Copy every line below where the string "ordered" is found.

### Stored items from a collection
# # # # # # #

-- ===== src/Events/Settled.antt =====
-- crates/machineemu/src/api/events.rs: the two loops of `publish` and the hub that they leave.
use machineemu.Prelude.{
  ℕ, suc, ◌+◌, ◌≤◌, ◌<◌, ◌≡◌, refl, sym, ap, subst, ◌∙◌, Bool, true, false, Option, some, List, [],
  ◌∷◌, ◌++◌, length, All, All-append, arith,
}
use machineemu.Events.Cursors.{u64_mod, same_text}
use machineemu.Events.Histories.{
  EventRecord, size, History, Entry, EventHub, trim, evict, lookup, put, sum,
}
use machineemu.Events.Histories.Entries.{
  All-found, Unique-put, sum-put, All-put, lookup-put, lookup-put_other,
}
use machineemu.Events.Histories.Loops.{total_size, total_size-append, Trimmed, trim_lem}
use machineemu.Events.Histories.Evicted.{Follow, Follow-drop, IsHistory, Shrunk, Shrunk-trans}
use machineemu.Events.Histories.Rounds.{evict_lem}
use machineemu.Events.Histories.Lasting.{trim-last, IsNewest, evict-IsNewest}
use machineemu.Events.Kept.{
  IsHub, All-mono, history_of, history_of-IsHistory, history_bytes, retain-le, Follow-append,
  orders-le, IsNew,
}
use machineemu.Events.{append, settle, record_count}

All-drop_part :
    (P : EventRecord → Type 0) (dropped kept : List EventRecord)
    → All P (dropped ++ kept)
    → All P kept
All-drop_part P [] kept all = all
All-drop_part P (q ∷ dropped) kept all = All-drop_part P dropped kept all.1

orders-lt :
    (low top : ℕ) (records : List EventRecord)
    → top ≡ suc low
    → All (λ q. q.order ≤ low) records
    → All (λ q. q.order < top) records
orders-lt low top [] e all = tt
orders-lt low top (q ∷ records) e all = (omega (arith, e, all.0), orders-lt low top records e all.1)

module _ {Sender : Type 0} where
  pub subscribers_after :
      (try_send : Sender → EventRecord → Option Sender) (r : EventRecord) (broadcast : Bool)
      (h : History Sender)
      → length (append try_send r broadcast h).subscribers ≤ length h.subscribers
  unfolding append
  subscribers_after try_send r true h = retain-le (λ s. try_send s r) h.subscribers
  subscribers_after try_send r false h = omega arith

  -- The hub and the history of an instance, once a record has been added and counted.
  pub record IsAdded (hub : EventHub Sender) (instance_id : List ℕ) (r : EventRecord)
      (counted : EventHub Sender) (h : History Sender) : Type 0 where
    pub new : IsNew hub instance_id r
    pub order : counted.next_order ≡ suc hub.next_order
    pub same_generation : counted.generation ≡ hub.generation
    pub same_histories : counted.histories ≡ hub.histories
    pub total : counted.bytes ≡ hub.bytes + size r
    pub bytes : h.bytes ≡ (history_of hub instance_id).bytes + size r
    pub records : h.records ≡ (history_of hub instance_id).records ++ r ∷ []
    pub sequence : h.next_sequence ≡ r.sequence
    pub subscribers : length h.subscribers ≤ length (history_of hub instance_id).subscribers

  -- What both loops leave of it.
  pub record Settled (hub : EventHub Sender) (instance_id : List ℕ) (r : EventRecord)
      (h : History Sender) (out : Option (EventHub Sender)) : Type 0 where
    pub left : EventHub Sender
    pub ran : out ≡ some left
    pub is_sound : IsHub left
    pub one_more : left.next_order ≡ suc hub.next_order
    pub same_generation : left.generation ≡ hub.generation
    pub kept : History Sender
    pub found : lookup instance_id left.histories ≡ some kept
    pub shrunk : Shrunk h kept
    pub lasting : IsNewest instance_id r left.histories
    pub people :
        sum (λ i. length i.subscribers) left.histories
        ≤ sum (λ i. length i.subscribers) hub.histories
    pub others :
        (name : List ℕ) (i : History Sender)
        → same_text instance_id name ≡ false
        → lookup name hub.histories ≡ some i
        → (j : History Sender) × (lookup name left.histories ≡ some j) × Shrunk i j

  kept-IsHistory :
      (hub : EventHub Sender) (instance_id : List ℕ) (r : EventRecord) (counted : EventHub Sender)
      (h : History Sender)
      → IsHub hub
      → IsAdded hub instance_id r counted h
      → (t : Trimmed h.records h.bytes counted.bytes)
      → IsHistory (suc hub.next_order) (record h { records = t.kept; bytes = t.kept_bytes })
  kept-IsHistory hub instance_id r counted h v a t =
      let old = history_of-IsHistory hub instance_id v in
      let joined : Follow old.before h.records r.sequence =
        subst (λ l. Follow old.before l r.sequence) (sym a.records)
          (Follow-append old.before _ _ r old.contiguous a.new.numbered) in
      let (b, last_part) =
        Follow-drop old.before t.dropped t.kept r.sequence
          (subst (λ l. Follow old.before l r.sequence) t.parts joined) in
      record {
        counted = t.counted;
        bytes_le = t.bytes_le;
        few = t.few;
        before = b;
        contiguous = subst (λ n. Follow b t.kept n) (sym a.sequence) last_part;
        sequence_le = omega (arith, a.sequence, a.new.numbered, old.sequence_le);
        subscribers_le = omega (arith, a.subscribers, old.subscribers_le);
        ordered =
            All-drop_part (λ q. q.order ≤ suc hub.next_order) t.dropped t.kept
              (subst (All (λ q. q.order ≤ suc hub.next_order)) (sym a.records ∙ t.parts) (
                All-append (λ q. q.order ≤ suc hub.next_order) _ (r ∷ [])
                  (orders-le hub.next_order (suc hub.next_order) _ (omega arith) old.ordered)
                  (omega (arith, a.new.ordered), tt)));
      }

  all_counted :
      (hub : EventHub Sender) (instance_id : List ℕ) (r : EventRecord) (counted : EventHub Sender)
      (h : History Sender)
      → IsHub hub
      → IsAdded hub instance_id r counted h
      → h.bytes ≡ total_size h.records
  all_counted hub instance_id r counted h v a =
      let old = history_of-IsHistory hub instance_id v in
      let all : total_size h.records ≡ total_size (history_of hub instance_id).records + size r =
        ap total_size a.records
        ∙ omega (arith, total_size-append (history_of hub instance_id).records (r ∷ [])) in
      omega (arith, all, a.bytes, old.counted)

  trimmed :
      (hub : EventHub Sender) (instance_id : List ℕ) (r : EventRecord) (counted : EventHub Sender)
      (h : History Sender)
      → IsHub hub
      → IsAdded hub instance_id r counted h
      → Trimmed h.records h.bytes counted.bytes
  trimmed hub instance_id r counted h v a =
      let old = history_of-IsHistory hub instance_id v in
      trim_lem h.records h.bytes counted.bytes (all_counted hub instance_id r counted h v a)
        (omega (arith, a.bytes, a.total, history_bytes hub instance_id v))
        (omega (arith, a.total, a.new.small, v.within))

  -- Before the loop over all histories, the new record is the newest.
  new-IsNewest :
      (hub : EventHub Sender) (instance_id : List ℕ) (r : EventRecord) (counted : EventHub Sender)
      (h : History Sender) (v : IsHub hub) (a : IsAdded hub instance_id r counted h)
      (t : Trimmed h.records h.bytes counted.bytes)
      → h.bytes ≡ total_size h.records
      → IsNewest instance_id r
          (put instance_id (record h { records = t.kept; bytes = t.kept_bytes }) hub.histories)
  new-IsNewest hub instance_id r counted h v a t c =
      let old = history_of-IsHistory hub instance_id v in
      let before = (history_of hub instance_id).records in
      let (e, ends) =
        trim-last before r h.bytes counted.bytes (c ∙ ap total_size a.records)
          (omega (arith, a.bytes, old.bytes_le, a.new.small)) (omega (arith, a.new.small))
          (subst (λ l. trim l h.bytes counted.bytes ≡ some (t.kept, t.kept_bytes, t.left)) a.records
            t.ran) in
      record {
        history = record h { records = t.kept; bytes = t.kept_bytes };
        found = lookup-put instance_id _ hub.histories;
        earlier = e;
        ends = ends;
        others = λ m i d found.
            orders-lt hub.next_order r.order i.records a.new.ordered
              (All-found (IsHistory hub.next_order) m i hub.histories
                (sym (lookup-put_other instance_id m _ hub.histories d) ∙ found) v.each).ordered;
      }

  settle_run :
      (instance_id : List ℕ) (h : History Sender) (hub : EventHub Sender)
      (histories : List (Entry Sender))
      → hub.histories ≡ histories
      → {kept : List EventRecord} {bytes left total : ℕ} {entries : List (Entry Sender)}
      → trim h.records h.bytes hub.bytes ≡ some (kept, bytes, left)
      → evict
          (suc (
            sum record_count
              (put instance_id (record h { records = kept; bytes = bytes }) histories)))
          (put instance_id (record h { records = kept; bytes = bytes }) histories)
          left
        ≡ some (entries, total)
      → settle instance_id h hub ≡ some (record hub { histories = entries; bytes = total })
  unfolding settle
  settle_run instance_id h hub histories same t e = rw (settle, t, same, e) refl

  pub settle_lem :
      (hub : EventHub Sender) (instance_id : List ℕ) (r : EventRecord) (counted : EventHub Sender)
      (h : History Sender)
      → IsHub hub
      → IsAdded hub instance_id r counted h
      → Settled hub instance_id r h (settle instance_id h counted)
  settle_lem hub instance_id r counted h v a =
      let old = history_of-IsHistory hub instance_id v in
      let t = trimmed hub instance_id r counted h v a in
      let kept = record h { records = t.kept; bytes = t.kept_bytes } in
      let entries = put instance_id kept hub.histories in
      let byte_sum = sum-put (λ i. i.bytes) instance_id kept hub.histories refl in
      let people = sum-put (λ i. length i.subscribers) instance_id kept hub.histories refl in
      let each =
        All-put (IsHistory (suc hub.next_order)) instance_id kept hub.histories
          (kept-IsHistory hub instance_id r counted h v a t)
          (All-mono hub.next_order (suc hub.next_order) hub.histories (omega arith) v.each) in
      let c : t.left ≡ sum (λ i. i.bytes) entries =
        omega (arith, byte_sum, v.counted, t.rest, a.total, a.bytes) in
      let lt : t.left < u64_mod =
        omega (arith, t.rest, a.total, a.new.small, v.within, t.bytes_le) in
      let e =
        evict_lem (suc hub.next_order) (suc (sum record_count entries)) entries t.left
          (Unique-put instance_id kept hub.histories v.unique) each c lt (omega arith) in
      let (kept', present, s) =
        e.shrunk instance_id kept (lookup-put instance_id kept hub.histories) in
      record {
        left = record counted { histories = e.left; bytes = e.left_total };
        ran = settle_run instance_id h counted hub.histories a.same_histories t.ran e.ran;
        is_sound = record {
          generation_length = ap length a.same_generation ∙ v.generation_length;
          unique = e.unique;
          each = subst (λ n. All (λ i. IsHistory n i.history) e.left) (sym a.order) e.each;
          counted = e.counted;
          within = e.within;
          subscribers_le =
              omega (arith, e.same_subscribers, people, a.subscribers, v.subscribers_le);
        };
        one_more = a.order;
        same_generation = a.same_generation;
        kept = kept';
        found = present;
        shrunk =
            Shrunk-trans h kept kept'
              (record {
                dropped = t.dropped;
                parts = t.parts;
                same_sequence = refl;
                same_subscribers = refl;
              })
              s;
        lasting =
            evict-IsNewest (suc hub.next_order) (suc (sum record_count entries)) instance_id r
              entries e.left t.left e.left_total (omega (arith, a.new.small))
              (Unique-put instance_id kept hub.histories v.unique) each c lt
              (new-IsNewest hub instance_id r counted h v a t
                (all_counted hub instance_id r counted h v a))
              e.ran;
        people = omega (arith, e.same_subscribers, people, a.subscribers);
        others = λ name i other found.
            e.shrunk name i (lookup-put_other instance_id name kept hub.histories other ∙ found);
      }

# # # # # # #

### TASK OUTPUT
        ordered =
                  (orders-le hub.next_order (suc hub.next_order) _ (omega arith) old.ordered)
                  (omega (arith, a.new.ordered), tt)));
            orders-lt hub.next_order r.order i.records a.new.ordered
                (sym (lookup-put_other instance_id m _ hub.histories d) ∙ found) v.each).ordered;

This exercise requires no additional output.